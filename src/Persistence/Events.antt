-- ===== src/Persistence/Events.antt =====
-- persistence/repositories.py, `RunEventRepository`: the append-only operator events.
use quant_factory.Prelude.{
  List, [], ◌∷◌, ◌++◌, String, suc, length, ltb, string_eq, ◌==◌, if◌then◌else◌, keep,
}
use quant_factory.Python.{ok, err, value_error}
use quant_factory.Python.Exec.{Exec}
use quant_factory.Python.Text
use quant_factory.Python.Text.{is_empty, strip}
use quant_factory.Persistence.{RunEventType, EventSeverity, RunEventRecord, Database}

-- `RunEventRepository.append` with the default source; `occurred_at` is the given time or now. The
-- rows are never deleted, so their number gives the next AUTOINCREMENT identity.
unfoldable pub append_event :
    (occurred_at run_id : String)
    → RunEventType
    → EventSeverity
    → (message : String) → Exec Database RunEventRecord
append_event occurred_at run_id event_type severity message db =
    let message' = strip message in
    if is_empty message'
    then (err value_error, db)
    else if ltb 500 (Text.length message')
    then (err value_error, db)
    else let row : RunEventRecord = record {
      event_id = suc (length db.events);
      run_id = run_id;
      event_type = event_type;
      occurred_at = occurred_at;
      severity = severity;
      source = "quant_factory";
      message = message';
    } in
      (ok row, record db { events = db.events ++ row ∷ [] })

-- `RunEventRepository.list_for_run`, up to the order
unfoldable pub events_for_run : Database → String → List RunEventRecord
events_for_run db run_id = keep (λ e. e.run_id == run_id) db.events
* * *
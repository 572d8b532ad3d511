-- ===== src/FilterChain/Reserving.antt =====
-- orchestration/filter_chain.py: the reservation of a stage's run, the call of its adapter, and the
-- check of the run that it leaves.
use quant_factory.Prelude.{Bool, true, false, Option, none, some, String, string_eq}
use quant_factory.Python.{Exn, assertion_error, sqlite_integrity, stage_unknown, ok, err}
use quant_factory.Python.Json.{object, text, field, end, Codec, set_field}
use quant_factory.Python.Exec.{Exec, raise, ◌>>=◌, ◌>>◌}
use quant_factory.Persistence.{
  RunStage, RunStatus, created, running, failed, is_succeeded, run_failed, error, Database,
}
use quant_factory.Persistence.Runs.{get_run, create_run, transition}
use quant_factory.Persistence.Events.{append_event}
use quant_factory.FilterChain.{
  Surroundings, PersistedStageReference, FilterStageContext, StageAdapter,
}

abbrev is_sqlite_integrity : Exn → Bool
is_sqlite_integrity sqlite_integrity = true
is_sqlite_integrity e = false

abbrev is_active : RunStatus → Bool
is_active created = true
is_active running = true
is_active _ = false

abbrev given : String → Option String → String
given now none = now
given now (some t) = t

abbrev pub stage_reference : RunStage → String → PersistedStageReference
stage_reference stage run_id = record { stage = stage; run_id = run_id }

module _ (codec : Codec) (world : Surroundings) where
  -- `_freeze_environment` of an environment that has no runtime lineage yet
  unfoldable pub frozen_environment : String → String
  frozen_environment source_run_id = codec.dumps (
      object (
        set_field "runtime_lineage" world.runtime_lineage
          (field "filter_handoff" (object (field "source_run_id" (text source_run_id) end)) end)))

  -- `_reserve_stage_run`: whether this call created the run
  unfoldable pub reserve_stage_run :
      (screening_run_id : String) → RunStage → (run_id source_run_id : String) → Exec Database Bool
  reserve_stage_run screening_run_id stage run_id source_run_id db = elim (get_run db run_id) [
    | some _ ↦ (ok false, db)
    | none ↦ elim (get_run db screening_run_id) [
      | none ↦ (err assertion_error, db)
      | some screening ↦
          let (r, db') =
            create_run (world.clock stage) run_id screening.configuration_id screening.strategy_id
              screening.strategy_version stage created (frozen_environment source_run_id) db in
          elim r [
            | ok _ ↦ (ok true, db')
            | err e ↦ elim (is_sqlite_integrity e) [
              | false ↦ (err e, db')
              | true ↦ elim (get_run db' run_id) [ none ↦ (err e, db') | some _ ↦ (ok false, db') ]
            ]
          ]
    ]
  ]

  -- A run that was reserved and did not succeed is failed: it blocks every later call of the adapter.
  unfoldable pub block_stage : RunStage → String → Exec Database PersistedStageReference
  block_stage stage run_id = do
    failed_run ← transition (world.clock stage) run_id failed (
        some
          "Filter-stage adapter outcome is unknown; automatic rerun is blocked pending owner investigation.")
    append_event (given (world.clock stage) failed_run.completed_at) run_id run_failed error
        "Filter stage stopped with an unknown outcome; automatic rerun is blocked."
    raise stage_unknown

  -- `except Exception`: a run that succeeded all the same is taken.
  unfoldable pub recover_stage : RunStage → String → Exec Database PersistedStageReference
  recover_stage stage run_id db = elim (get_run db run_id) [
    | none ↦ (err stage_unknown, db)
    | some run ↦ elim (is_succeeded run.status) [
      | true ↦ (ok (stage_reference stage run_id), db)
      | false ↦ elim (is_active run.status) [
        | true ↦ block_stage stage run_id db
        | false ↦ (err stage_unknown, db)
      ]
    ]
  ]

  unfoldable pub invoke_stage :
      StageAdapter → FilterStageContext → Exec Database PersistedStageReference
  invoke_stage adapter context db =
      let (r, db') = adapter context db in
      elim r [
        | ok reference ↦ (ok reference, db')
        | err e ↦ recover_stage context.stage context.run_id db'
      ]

- ASSIGNMENT
Print again the lines of the entries above that fall between the line holding "(ok false, db)" and the line holding "elim (is_succeeded run.status)", inclusive, exactly as they stand.

- EXPECTED OUTPUT
    | some _ ↦ (ok false, db)
    | none ↦ elim (get_run db screening_run_id) [
      | none ↦ (err assertion_error, db)
      | some screening ↦
          let (r, db') =
            create_run (world.clock stage) run_id screening.configuration_id screening.strategy_id
              screening.strategy_version stage created (frozen_environment source_run_id) db in
          elim r [
            | ok _ ↦ (ok true, db')
            | err e ↦ elim (is_sqlite_integrity e) [
              | false ↦ (err e, db')
              | true ↦ elim (get_run db' run_id) [ none ↦ (err e, db') | some _ ↦ (ok false, db') ]
            ]
          ]
    ]
  ]

  -- A run that was reserved and did not succeed is failed: it blocks every later call of the adapter.
  unfoldable pub block_stage : RunStage → String → Exec Database PersistedStageReference
  block_stage stage run_id = do
    failed_run ← transition (world.clock stage) run_id failed (
        some
          "Filter-stage adapter outcome is unknown; automatic rerun is blocked pending owner investigation.")
    append_event (given (world.clock stage) failed_run.completed_at) run_id run_failed error
        "Filter stage stopped with an unknown outcome; automatic rerun is blocked."
    raise stage_unknown

  -- `except Exception`: a run that succeeded all the same is taken.
  unfoldable pub recover_stage : RunStage → String → Exec Database PersistedStageReference
  recover_stage stage run_id db = elim (get_run db run_id) [
    | none ↦ (err stage_unknown, db)
    | some run ↦ elim (is_succeeded run.status) [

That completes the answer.